ACTIVITY:
In the following listing, find the lines containing "zero" and report them.

EXCERPTED RECORDS:
»»

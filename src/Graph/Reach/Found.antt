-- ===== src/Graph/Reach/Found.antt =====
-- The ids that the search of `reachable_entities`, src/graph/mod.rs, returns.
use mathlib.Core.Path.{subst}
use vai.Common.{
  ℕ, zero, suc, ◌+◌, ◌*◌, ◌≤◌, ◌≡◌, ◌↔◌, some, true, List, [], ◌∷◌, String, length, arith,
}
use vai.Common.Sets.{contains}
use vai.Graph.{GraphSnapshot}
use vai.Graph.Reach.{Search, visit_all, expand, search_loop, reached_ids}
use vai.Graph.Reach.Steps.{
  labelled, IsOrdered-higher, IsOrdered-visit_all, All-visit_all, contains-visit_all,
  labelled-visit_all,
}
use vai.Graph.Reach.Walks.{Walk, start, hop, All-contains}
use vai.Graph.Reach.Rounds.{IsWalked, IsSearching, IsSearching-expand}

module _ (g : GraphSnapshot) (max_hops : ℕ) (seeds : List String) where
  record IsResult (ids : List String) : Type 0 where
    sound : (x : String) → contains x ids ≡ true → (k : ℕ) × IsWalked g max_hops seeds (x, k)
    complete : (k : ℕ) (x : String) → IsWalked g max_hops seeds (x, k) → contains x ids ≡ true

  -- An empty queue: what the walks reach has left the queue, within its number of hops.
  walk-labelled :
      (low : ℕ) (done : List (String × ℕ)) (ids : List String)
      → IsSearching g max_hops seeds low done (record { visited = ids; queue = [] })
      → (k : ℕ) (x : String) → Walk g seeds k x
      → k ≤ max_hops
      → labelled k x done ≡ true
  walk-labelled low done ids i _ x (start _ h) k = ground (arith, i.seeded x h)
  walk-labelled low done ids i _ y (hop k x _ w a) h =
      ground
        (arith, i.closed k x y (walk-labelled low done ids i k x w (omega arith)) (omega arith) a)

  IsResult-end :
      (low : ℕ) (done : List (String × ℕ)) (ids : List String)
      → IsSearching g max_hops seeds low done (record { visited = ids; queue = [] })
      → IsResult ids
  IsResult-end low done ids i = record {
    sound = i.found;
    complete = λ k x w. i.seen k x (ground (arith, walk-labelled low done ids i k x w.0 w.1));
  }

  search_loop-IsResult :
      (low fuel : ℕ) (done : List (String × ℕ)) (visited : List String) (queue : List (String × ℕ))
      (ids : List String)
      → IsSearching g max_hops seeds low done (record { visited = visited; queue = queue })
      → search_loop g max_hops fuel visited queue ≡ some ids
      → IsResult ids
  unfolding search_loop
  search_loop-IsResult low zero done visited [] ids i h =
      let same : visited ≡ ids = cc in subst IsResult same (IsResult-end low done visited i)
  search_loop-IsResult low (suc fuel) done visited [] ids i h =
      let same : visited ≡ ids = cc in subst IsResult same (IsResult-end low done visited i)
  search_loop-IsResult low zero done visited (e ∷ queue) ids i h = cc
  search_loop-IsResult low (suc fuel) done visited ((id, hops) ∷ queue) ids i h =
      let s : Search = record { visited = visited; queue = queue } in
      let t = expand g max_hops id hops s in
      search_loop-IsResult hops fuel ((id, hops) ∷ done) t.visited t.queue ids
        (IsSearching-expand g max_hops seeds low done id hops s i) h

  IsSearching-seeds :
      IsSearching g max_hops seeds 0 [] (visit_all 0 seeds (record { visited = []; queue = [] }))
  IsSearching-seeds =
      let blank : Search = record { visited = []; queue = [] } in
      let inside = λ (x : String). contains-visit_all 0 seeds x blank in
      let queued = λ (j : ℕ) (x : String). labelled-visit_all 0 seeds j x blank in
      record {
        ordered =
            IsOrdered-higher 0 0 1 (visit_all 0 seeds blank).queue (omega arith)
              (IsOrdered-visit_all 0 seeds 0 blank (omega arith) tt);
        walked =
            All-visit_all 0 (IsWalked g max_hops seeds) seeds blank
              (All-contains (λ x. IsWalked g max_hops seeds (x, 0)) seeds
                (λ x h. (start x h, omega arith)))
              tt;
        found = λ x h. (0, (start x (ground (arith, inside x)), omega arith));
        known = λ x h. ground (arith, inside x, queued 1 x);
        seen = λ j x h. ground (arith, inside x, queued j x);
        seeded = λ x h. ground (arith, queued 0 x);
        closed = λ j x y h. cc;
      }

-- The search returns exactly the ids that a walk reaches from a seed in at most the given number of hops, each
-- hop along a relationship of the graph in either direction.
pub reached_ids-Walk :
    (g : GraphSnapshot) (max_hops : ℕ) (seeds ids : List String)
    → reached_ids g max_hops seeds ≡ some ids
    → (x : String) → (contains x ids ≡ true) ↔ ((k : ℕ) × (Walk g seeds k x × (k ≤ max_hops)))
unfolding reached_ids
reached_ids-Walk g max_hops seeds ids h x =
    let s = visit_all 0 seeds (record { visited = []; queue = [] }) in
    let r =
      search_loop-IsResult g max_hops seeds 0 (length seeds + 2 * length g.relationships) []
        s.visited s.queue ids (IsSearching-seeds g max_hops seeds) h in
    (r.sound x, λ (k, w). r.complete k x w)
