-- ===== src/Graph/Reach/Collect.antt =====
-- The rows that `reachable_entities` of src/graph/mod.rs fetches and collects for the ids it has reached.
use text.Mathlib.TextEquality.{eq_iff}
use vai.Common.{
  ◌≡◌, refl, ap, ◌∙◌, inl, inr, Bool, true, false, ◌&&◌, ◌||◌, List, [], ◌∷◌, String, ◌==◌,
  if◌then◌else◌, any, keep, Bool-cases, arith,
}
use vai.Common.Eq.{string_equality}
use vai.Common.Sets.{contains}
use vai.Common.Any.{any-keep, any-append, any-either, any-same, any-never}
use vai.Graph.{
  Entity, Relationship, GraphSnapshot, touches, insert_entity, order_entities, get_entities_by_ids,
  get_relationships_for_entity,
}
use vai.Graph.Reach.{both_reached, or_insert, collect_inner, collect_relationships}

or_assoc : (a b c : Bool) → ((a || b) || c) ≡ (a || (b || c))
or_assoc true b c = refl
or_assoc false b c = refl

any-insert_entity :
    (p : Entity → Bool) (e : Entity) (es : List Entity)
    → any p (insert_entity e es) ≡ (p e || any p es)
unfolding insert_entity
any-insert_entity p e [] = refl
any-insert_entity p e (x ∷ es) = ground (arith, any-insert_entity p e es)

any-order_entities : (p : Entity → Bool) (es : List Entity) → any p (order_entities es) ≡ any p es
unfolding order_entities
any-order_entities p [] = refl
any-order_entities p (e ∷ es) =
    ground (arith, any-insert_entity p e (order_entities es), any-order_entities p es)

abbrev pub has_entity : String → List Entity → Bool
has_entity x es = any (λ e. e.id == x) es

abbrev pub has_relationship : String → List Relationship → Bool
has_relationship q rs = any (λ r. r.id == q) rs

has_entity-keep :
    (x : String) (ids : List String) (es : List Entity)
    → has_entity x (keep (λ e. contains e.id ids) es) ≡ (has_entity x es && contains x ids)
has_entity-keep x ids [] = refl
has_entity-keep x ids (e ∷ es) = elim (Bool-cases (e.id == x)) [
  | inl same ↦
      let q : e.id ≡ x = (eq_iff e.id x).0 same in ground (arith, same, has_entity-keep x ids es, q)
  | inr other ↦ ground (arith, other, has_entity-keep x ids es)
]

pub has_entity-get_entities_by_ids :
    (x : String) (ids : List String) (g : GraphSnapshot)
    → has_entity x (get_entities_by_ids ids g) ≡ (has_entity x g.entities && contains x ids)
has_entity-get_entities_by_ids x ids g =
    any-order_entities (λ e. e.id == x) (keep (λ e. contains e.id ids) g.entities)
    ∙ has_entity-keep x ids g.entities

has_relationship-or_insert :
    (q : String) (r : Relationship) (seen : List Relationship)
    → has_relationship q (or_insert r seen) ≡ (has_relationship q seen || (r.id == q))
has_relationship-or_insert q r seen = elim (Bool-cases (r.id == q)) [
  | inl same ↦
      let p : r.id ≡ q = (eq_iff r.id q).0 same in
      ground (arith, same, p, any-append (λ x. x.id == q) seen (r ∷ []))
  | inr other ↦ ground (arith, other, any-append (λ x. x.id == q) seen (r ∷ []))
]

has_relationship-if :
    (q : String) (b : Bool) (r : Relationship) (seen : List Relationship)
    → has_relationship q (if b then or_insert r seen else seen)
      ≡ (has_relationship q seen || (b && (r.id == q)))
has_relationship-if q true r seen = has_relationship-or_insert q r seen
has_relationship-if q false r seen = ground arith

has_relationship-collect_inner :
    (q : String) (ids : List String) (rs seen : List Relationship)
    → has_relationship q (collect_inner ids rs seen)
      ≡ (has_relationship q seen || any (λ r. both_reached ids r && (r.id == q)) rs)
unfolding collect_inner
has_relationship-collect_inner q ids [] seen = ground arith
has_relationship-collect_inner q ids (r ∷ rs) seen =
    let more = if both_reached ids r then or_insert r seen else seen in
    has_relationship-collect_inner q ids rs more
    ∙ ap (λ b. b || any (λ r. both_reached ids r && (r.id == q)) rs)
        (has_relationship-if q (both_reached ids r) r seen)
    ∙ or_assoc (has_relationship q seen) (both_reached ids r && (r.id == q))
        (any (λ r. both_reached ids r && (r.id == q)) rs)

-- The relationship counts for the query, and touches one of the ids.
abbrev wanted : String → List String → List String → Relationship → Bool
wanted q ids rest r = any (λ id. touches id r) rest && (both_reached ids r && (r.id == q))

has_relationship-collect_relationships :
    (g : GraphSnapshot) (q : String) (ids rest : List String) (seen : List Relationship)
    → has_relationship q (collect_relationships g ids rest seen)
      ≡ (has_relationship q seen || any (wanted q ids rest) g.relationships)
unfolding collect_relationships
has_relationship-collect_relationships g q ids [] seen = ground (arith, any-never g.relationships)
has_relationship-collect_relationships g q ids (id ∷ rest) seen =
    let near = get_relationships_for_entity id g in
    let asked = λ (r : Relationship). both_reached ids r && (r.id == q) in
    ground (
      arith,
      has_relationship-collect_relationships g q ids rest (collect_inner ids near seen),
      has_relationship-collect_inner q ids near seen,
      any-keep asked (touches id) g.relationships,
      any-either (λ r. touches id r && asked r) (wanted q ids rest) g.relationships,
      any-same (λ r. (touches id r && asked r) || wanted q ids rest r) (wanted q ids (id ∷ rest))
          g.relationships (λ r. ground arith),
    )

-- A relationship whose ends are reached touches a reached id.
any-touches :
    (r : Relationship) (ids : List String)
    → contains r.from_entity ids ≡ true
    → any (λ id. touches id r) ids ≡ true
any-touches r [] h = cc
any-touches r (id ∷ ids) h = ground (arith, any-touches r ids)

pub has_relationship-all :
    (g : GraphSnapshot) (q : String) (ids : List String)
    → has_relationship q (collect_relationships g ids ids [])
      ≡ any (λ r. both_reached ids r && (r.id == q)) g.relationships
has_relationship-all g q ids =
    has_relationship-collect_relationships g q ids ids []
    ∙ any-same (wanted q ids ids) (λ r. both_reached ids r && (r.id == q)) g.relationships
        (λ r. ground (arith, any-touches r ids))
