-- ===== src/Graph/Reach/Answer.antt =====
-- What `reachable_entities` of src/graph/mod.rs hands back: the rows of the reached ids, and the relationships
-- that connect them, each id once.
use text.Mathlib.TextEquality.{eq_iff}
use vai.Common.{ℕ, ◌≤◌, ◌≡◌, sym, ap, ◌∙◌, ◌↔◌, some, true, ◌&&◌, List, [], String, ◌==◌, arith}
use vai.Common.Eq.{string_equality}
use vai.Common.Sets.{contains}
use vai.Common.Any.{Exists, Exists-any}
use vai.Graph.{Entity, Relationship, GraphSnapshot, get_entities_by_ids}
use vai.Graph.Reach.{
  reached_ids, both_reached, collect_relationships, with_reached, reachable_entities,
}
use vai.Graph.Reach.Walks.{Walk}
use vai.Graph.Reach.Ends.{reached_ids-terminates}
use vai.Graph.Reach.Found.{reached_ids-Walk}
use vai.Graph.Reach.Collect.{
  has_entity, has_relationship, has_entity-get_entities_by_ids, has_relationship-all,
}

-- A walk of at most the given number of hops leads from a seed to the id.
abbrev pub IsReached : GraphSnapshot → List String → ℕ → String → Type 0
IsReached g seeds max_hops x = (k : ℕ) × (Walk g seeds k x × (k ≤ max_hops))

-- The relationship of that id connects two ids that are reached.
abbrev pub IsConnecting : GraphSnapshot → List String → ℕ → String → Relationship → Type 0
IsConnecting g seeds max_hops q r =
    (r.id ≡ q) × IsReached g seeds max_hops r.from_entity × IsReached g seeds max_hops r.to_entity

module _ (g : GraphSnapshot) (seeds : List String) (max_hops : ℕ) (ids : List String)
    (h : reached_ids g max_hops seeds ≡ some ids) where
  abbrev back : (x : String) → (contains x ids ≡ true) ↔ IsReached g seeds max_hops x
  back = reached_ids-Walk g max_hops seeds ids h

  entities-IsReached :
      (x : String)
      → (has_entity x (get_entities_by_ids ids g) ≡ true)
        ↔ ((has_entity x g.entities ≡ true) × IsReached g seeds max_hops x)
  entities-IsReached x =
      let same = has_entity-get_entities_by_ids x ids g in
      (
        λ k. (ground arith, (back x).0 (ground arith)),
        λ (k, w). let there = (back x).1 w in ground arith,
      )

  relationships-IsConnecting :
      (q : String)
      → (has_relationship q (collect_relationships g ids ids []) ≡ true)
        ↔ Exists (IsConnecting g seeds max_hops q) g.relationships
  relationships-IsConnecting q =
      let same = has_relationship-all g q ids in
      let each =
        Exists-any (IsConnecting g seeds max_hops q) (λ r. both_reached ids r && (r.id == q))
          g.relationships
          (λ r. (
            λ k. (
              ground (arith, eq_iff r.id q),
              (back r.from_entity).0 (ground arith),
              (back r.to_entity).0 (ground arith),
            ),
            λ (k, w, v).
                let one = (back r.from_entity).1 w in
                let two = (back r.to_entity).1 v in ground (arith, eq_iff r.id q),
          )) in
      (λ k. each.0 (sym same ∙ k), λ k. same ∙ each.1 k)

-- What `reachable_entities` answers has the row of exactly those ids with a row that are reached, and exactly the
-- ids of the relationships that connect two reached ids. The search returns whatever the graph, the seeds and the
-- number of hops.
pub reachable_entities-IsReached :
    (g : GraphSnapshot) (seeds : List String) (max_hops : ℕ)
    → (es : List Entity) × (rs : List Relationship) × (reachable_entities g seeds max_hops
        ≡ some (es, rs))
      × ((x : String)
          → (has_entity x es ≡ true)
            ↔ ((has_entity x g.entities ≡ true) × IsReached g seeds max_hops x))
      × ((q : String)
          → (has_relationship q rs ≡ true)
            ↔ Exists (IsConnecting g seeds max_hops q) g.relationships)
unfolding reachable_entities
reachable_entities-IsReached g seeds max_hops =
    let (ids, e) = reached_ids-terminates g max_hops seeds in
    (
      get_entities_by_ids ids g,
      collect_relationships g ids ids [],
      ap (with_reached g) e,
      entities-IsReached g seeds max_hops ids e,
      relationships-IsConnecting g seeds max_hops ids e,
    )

««
»»

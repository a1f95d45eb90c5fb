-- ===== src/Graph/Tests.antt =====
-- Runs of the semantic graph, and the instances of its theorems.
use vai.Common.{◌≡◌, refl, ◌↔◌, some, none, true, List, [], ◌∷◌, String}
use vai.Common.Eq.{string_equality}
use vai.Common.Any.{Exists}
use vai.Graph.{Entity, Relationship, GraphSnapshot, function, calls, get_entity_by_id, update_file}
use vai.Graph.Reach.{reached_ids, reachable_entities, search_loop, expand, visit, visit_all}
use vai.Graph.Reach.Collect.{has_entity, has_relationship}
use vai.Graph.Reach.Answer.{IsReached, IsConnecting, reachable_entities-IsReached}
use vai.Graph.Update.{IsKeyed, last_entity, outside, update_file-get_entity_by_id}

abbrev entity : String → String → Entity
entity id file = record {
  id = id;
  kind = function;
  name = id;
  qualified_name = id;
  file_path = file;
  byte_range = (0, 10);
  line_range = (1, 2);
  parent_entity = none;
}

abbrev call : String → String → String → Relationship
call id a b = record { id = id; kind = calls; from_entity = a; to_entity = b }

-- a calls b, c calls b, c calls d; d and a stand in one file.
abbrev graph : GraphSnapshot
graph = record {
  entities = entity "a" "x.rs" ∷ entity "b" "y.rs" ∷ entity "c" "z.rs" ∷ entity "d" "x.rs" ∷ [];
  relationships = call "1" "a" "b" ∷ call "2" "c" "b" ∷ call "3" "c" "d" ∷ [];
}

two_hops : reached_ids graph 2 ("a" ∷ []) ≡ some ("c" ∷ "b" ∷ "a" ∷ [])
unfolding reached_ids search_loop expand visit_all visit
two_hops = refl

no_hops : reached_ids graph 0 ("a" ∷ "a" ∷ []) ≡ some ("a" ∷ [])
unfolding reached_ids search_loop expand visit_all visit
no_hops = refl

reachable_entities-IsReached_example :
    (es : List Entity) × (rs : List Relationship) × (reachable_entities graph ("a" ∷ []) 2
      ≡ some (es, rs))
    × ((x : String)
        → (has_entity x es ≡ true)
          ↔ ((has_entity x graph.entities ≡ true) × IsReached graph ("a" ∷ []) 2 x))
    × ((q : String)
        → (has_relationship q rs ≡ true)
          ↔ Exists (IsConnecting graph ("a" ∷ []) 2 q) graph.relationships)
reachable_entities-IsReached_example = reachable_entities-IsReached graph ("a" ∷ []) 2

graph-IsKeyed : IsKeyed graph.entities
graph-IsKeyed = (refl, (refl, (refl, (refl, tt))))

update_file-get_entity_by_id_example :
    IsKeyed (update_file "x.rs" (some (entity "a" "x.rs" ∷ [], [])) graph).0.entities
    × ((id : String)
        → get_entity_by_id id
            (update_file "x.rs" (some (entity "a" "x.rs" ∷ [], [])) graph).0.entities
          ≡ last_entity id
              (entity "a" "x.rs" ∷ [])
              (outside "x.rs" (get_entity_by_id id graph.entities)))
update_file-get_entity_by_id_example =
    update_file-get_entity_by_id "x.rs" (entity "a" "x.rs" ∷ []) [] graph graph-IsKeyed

««

EXERCISE ANSWER:
  ℕ, zero, suc, ◌+◌, ◌*◌, ◌≤◌, ◌≡◌, ◌↔◌, some, true, List, [], ◌∷◌, String, length, arith,
  search_loop-IsResult low zero done visited [] ids i h =
  search_loop-IsResult low zero done visited (e ∷ queue) ids i h = cc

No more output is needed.